● Work to complete: Write out, word for word, the part of the listing below that opens with the line containing "let before : to" and closes with the line containing "range_loop-Tiles rounds (suc", keeping both of those lines and adding no others.

+===+

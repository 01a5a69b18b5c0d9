-- ===== src/Quantity/Examples.antt =====
-- Block numbers as the node writes them.
use polymarket_cpp_client.Prelude.{◌≡◌, refl, codes, arith, is_empty}
use polymarket_cpp_client.Prelude.Except.{ok}
use polymarket_cpp_client.Hex.{hex_digit, nibble}
use polymarket_cpp_client.Quantity.{
  evm_quantity_to_uint64, evm_uint64_to_quantity, print_hex, read_digits, scan, starts_with_digit,
  digit,
}
use polymarket_cpp_client.Quantity.RoundTrip.{evm_quantity_to_uint64-evm_uint64_to_quantity}

printed : evm_uint64_to_quantity 1000 ≡ codes "0x3e8"
unfolding evm_uint64_to_quantity print_hex hex_digit
printed = refl

decimal_text : evm_quantity_to_uint64 (codes "1000") ≡ ok 1000
unfolding evm_quantity_to_uint64 read_digits scan starts_with_digit digit nibble is_empty
decimal_text = refl

evm_quantity_to_uint64-evm_uint64_to_quantity_example :
    evm_quantity_to_uint64 (evm_uint64_to_quantity 1000) ≡ ok 1000
evm_quantity_to_uint64-evm_uint64_to_quantity_example =
    evm_quantity_to_uint64-evm_uint64_to_quantity 1000 (omega arith)
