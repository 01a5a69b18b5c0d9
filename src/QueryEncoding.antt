-- ===== src/QueryEncoding.antt =====
-- Percent encoding of query values: src/query_encoding.hpp.
pub mod RoundTrip
mod Examples
use polymarket_cpp_client.Prelude.{
  ℕ, ◌/◌, ◌%◌, Bool, ◌&&◌, ◌||◌, if◌then◌else◌, leb, ◌==◌, [], ◌∷◌, ◌++◌, Bytes, codes, get_or,
}

unfoldable pub unreserved : ℕ → Bool
unreserved c =
    leb b'A' c && leb c b'Z'
    || leb b'a' c && leb c b'z'
    || leb b'0' c && leb c b'9'
    || c == b'-'
    || c == b'.'
    || c == b'_'
    || c == b'~'

-- `HEX[n]`, for n < 16.
unfoldable pub hex_upper : ℕ → ℕ
hex_upper n = get_or (codes "0123456789ABCDEF") n 0

unfoldable pub percent_encode_query_value : Bytes → Bytes
percent_encode_query_value [] = []
percent_encode_query_value (c ∷ value) =
    (if unreserved c then c ∷ [] else b'%' ∷ hex_upper (c / 16) ∷ hex_upper (c % 16) ∷ [])
    ++ percent_encode_query_value value
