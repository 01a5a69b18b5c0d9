-- ===== src/QueryEncoding/RoundTrip.antt =====
-- A percent decoder by RFC 3986 reads every encoded value back, and encoded text is safe in a query.
use polymarket_cpp_client.Prelude.{
  ℕ, ◌+◌, ◌-◌, ◌*◌, ◌/◌, ◌%◌, ◌<◌, ◌≡◌, refl, ap, ap₂, ◌∙◌, true, false, ◌&&◌, ◌||◌, if◌then◌else◌,
  leb, ◌==◌, [], ◌∷◌, Bytes, IsBytes, All, All-append, arith, Bool-cases, inl, inr,
}
use polymarket_cpp_client.Prelude.Tables.{holds_below, holds_below_at}
use polymarket_cpp_client.QueryEncoding.{unreserved, hex_upper, percent_encode_query_value}

-- The value of an upper-case hexadecimal digit.
unfoldable pub digit_value : ℕ → ℕ
digit_value c = if leb c b'9' then c - b'0' else c - b'A' + 10

unfoldable pub percent_decode : Bytes → Bytes
percent_decode [] = []
percent_decode (c ∷ []) = c ∷ []
percent_decode (c ∷ h ∷ []) = c ∷ h ∷ []
percent_decode (c ∷ h ∷ l ∷ s) =
    let triple = (digit_value h * 16 + digit_value l) ∷ percent_decode s in
    let plain = c ∷ percent_decode (h ∷ l ∷ s) in if c == b'%' then triple else plain

percent_decode_plain :
    (c : ℕ) (s : Bytes) → (c == b'%') ≡ false → percent_decode (c ∷ s) ≡ c ∷ percent_decode s
unfolding percent_decode
percent_decode_plain c [] h = refl
percent_decode_plain c (h' ∷ []) h = refl
percent_decode_plain c (h' ∷ l ∷ s) h = rw h

digit_table :
    holds_below 16 (λ n. digit_value (hex_upper n) == n && unreserved (hex_upper n)) ≡ true
unfolding holds_below digit_value hex_upper unreserved
digit_table = refl

digit_value-hex_upper : (n : ℕ) → n < 16 → digit_value (hex_upper n) ≡ n
digit_value-hex_upper n h = ground (arith, holds_below_at 16 _ n digit_table h)

hex_upper-unreserved : (n : ℕ) → n < 16 → unreserved (hex_upper n) ≡ true
hex_upper-unreserved n h = ground (arith, holds_below_at 16 _ n digit_table h)

percent_decode_triple :
    (n m : ℕ) (s : Bytes)
    → n < 16
    → m < 16
    → percent_decode (b'%' ∷ hex_upper n ∷ hex_upper m ∷ s) ≡ (n * 16 + m) ∷ percent_decode s
unfolding percent_decode
percent_decode_triple n m s hn hm = rw (digit_value-hex_upper n hn, digit_value-hex_upper m hm)

unreserved-ne-percent : (c : ℕ) → unreserved c ≡ true → (c == b'%') ≡ false
unfolding unreserved
unreserved-ne-percent c h = ground arith

-- Every value of bytes is read back from its encoding.
pub percent_decode-encode :
    (value : Bytes) → IsBytes value → percent_decode (percent_encode_query_value value) ≡ value
unfolding percent_encode_query_value
percent_decode-encode [] h = unfold percent_decode in refl
percent_decode-encode (c ∷ value) h = elim (Bool-cases (unreserved c)) [
  | inl plain ↦ rw plain (
      percent_decode_plain c (percent_encode_query_value value) (unreserved-ne-percent c plain)
      ∙ ap (◌∷◌ c) (percent_decode-encode value h.1))
  | inr hidden ↦ rw hidden (
      percent_decode_triple (c / 16) (c % 16) (percent_encode_query_value value) (omega arith)
        (omega arith)
      ∙ ap₂ ◌∷◌ (omega arith) (percent_decode-encode value h.1))
]

-- A byte that cannot end a query value or start another parameter.
abbrev pub IsQuerySafe : ℕ → Type 0
IsQuerySafe c = (unreserved c || c == b'%') ≡ true

-- Encoded text holds unreserved characters and percent signs only.
pub percent_encode-IsQuerySafe :
    (value : Bytes) → IsBytes value → All IsQuerySafe (percent_encode_query_value value)
unfolding percent_encode_query_value
percent_encode-IsQuerySafe [] h = tt
percent_encode-IsQuerySafe (c ∷ value) h =
    All-append IsQuerySafe _ (percent_encode_query_value value) (piece c h.0)
      (percent_encode-IsQuerySafe value h.1)
  where
    piece :
        (c : ℕ)
        → c < 256
        → All IsQuerySafe
            (if unreserved c then c ∷ [] else b'%' ∷ hex_upper (c / 16) ∷ hex_upper (c % 16) ∷ [])
    piece c h = ground (arith, hex_upper-unreserved (c / 16), hex_upper-unreserved (c % 16))
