-- ===== src/QueryEncoding/Examples.antt =====
-- A cursor in a query.
use polymarket_cpp_client.Prelude.{◌≡◌, refl, arith, codes}
use polymarket_cpp_client.QueryEncoding.{percent_encode_query_value, unreserved, hex_upper}
use polymarket_cpp_client.QueryEncoding.RoundTrip.{percent_decode, percent_decode-encode}

cursor_encoded : percent_encode_query_value (codes "LTE=") ≡ codes "LTE%3D"
unfolding percent_encode_query_value unreserved hex_upper
cursor_encoded = refl

percent_decode-encode_example :
    percent_decode (percent_encode_query_value (codes "LTE=")) ≡ codes "LTE="
percent_decode-encode_example = percent_decode-encode (codes "LTE=") (omega arith)
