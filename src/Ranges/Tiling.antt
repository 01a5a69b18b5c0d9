-- ===== src/Ranges/Tiling.antt =====
-- The batches are the span, cut into pieces of the batch size.
use polymarket_cpp_client.Prelude.{
  ℕ, zero, suc, ◌+◌, ◌-◌, ◌%◌, ◌^◌, ◌≤◌, ◌<◌, ◌≡◌, ◌⊎◌, inl, inr, refl, arith, ◌==◌, ltb, false,
  Bool-cases, List, [], ◌∷◌, ap,
}
use polymarket_cpp_client.Prelude.Except.{ok}
use polymarket_cpp_client.Ranges.{BlockRange, batch_end, range_loop, evm_make_block_ranges}

-- The ranges follow one another from `next` to `stop`, each of at least one block and at most
-- `batch`, and of exactly `batch` unless it is the one that ends the span.
unfoldable pub Tiles : ℕ → ℕ → ℕ → List BlockRange → Type 0
Tiles batch next stop [] = next ≡ suc stop
Tiles batch next stop (r ∷ ranges) =
    (r.from ≡ next)
    × (r.from ≤ r.to)
    × (r.to < r.from + batch)
    × ((r.to ≡ stop) ⊎ (suc r.to ≡ r.from + batch))
    × Tiles batch (suc r.to) stop ranges

record IsBatchEnd (from stop batch to : ℕ) : Type 0 where
  later : from ≤ to
  within : to ≤ stop
  short : to < from + batch
  full : (to ≡ stop) ⊎ (suc to ≡ from + batch)

batch_end-IsBatchEnd :
    (from stop batch : ℕ)
    → from ≤ stop
    → stop < 2 ^ 64
    → 0 < batch
    → IsBatchEnd from stop batch (batch_end from stop batch)
unfolding batch_end
batch_end-IsBatchEnd from stop batch le w pos_batch = record {
  later = ground arith;
  within = ground arith;
  short = ground arith;
  full = ground arith;
}

range_loop-Tiles :
    (rounds from stop batch : ℕ)
    → from ≤ stop
    → stop < 2 ^ 64
    → 0 < batch
    → stop - from < rounds
    → Tiles batch from stop (range_loop rounds from stop batch)
unfolding range_loop Tiles
range_loop-Tiles zero from stop batch le w p enough = ground arith
range_loop-Tiles (suc rounds) from stop batch le w p enough =
    let to = batch_end from stop batch in
    let e = batch_end-IsBatchEnd from stop batch le w p in
    let inside : ltb stop from ≡ false = ground arith in
    elim (Bool-cases (to == stop)) [
      | inl t ↦
          let same : to ≡ stop = ground arith in
          rw (inside, t) (refl, e.later, e.short, e.full, ap suc same)
      | inr t ↦
          let before : to < stop = ground (arith, e.within) in
          let wrap : ((to + 1) % 2 ^ 64) ≡ suc to = omega arith in
          let rest : Tiles batch (suc to) stop (range_loop rounds (suc to) stop batch) =
            range_loop-Tiles rounds (suc to) stop batch (omega arith) w p
              (omega (arith, e.later)) in
          rw (inside, t, wrap) (refl, e.later, e.short, e.full, rest)
    ]

-- For uint64 block numbers with `from_block <= to_block` and a positive batch size the call succeeds,
-- and its ranges follow one another from `from_block` to `to_block` without gap or overlap, none of
-- them empty or longer than the batch size, and all but the last exactly as long.
pub evm_make_block_ranges-Tiles :
    (from_block to_block batch_size : ℕ)
    → from_block ≤ to_block
    → to_block < 2 ^ 64
    → 0 < batch_size
    → (ranges : List BlockRange) × (evm_make_block_ranges from_block to_block batch_size
        ≡ ok ranges)
      × Tiles batch_size from_block to_block ranges
unfolding evm_make_block_ranges
evm_make_block_ranges-Tiles from_block to_block batch_size le w p =
    let some_batch : (batch_size == 0) ≡ false = ground arith in
    let some_span : ltb to_block from_block ≡ false = ground arith in
    rw (some_batch, some_span)
      (
        range_loop (suc (to_block - from_block)) from_block to_block batch_size,
        refl,
        range_loop-Tiles _ from_block to_block batch_size le w p (omega arith),
      )
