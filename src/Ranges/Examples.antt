-- ===== src/Ranges/Examples.antt =====
-- Ten blocks in batches of four.
use polymarket_cpp_client.Prelude.{ℕ, ◌≡◌, refl, ◌∷◌, [], List, arith}
use polymarket_cpp_client.Prelude.Except.{ok}
use polymarket_cpp_client.Ranges.{BlockRange, evm_make_block_ranges, range_loop, batch_end}
use polymarket_cpp_client.Ranges.Tiling.{Tiles, evm_make_block_ranges-Tiles}

abbrev range : ℕ → ℕ → BlockRange
range from to = record { from = from; to = to }

ten_blocks :
    evm_make_block_ranges 100 109 4 ≡ ok (range 100 103 ∷ range 104 107 ∷ range 108 109 ∷ [])
unfolding evm_make_block_ranges range_loop batch_end
ten_blocks = refl

evm_make_block_ranges-Tiles_example :
    (ranges : List BlockRange) × (evm_make_block_ranges 100 109 4 ≡ ok ranges)
    × Tiles 4 100 109 ranges
evm_make_block_ranges-Tiles_example =
    evm_make_block_ranges-Tiles 100 109 4 (omega arith) (omega arith) (omega arith)
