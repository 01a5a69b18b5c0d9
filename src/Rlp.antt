-- ===== src/Rlp.antt =====
-- RLP encoding: src/evm_rlp.cpp.
pub mod Decode
pub mod Lists
mod Examples
use polymarket_cpp_client.Prelude.{
  ℕ, zero, suc, ◌+◌, ◌/◌, ◌%◌, ◌&&◌, List, [], ◌∷◌, ◌++◌, Bytes, length, get_or, ltb, ◌==◌,
  if◌then◌else◌,
}

-- `for (; length != 0; length >>= 8)`: eight rounds are enough for a 64-bit size_t.
unfoldable pub length_loop : ℕ → ℕ → Bytes → Bytes
length_loop zero n bytes = bytes
length_loop (suc rounds) n bytes =
    let rest = length_loop rounds (n / 256) ((n % 256) ∷ bytes) in if n == 0 then bytes else rest

unfoldable pub minimal_length_bytes : ℕ → Bytes
minimal_length_bytes n = length_loop 8 n []

unfoldable pub with_header : ℕ → ℕ → Bytes → Bytes
with_header short_base long_base payload =
    if ltb (length payload) 56
    then ((short_base + length payload) % 256) ∷ payload
    else (let size = minimal_length_bytes (length payload) in
        ((long_base + length size) % 256) ∷ (size ++ payload))

unfoldable pub rlp_encode_bytes : Bytes → Bytes
rlp_encode_bytes bytes =
    if length bytes == 1 && ltb (get_or bytes 0 0) 0x80
    then get_or bytes 0 0 ∷ []
    else with_header 0x80 0xb7 bytes

-- `while (first < size && big_endian[first] == 0) ++first;` and the bytes from there on.
unfoldable pub skip_zero_bytes : Bytes → Bytes
skip_zero_bytes [] = []
skip_zero_bytes (b ∷ bs) = if b == 0 then skip_zero_bytes bs else b ∷ bs

unfoldable pub rlp_encode_uint : Bytes → Bytes
rlp_encode_uint big_endian = rlp_encode_bytes (skip_zero_bytes big_endian)

unfoldable pub concat_items : List Bytes → Bytes
concat_items [] = []
concat_items (item ∷ items) = item ++ concat_items items

unfoldable pub rlp_encode_list : List Bytes → Bytes
rlp_encode_list encoded_items = with_header 0xc0 0xf7 (concat_items encoded_items)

+===+

● Solution:
          let before : to < stop = ground (arith, e.within) in
          let wrap : ((to + 1) % 2 ^ 64) ≡ suc to = omega arith in
          let rest : Tiles batch (suc to) stop (range_loop rounds (suc to) stop batch) =
            range_loop-Tiles rounds (suc to) stop batch (omega arith) w p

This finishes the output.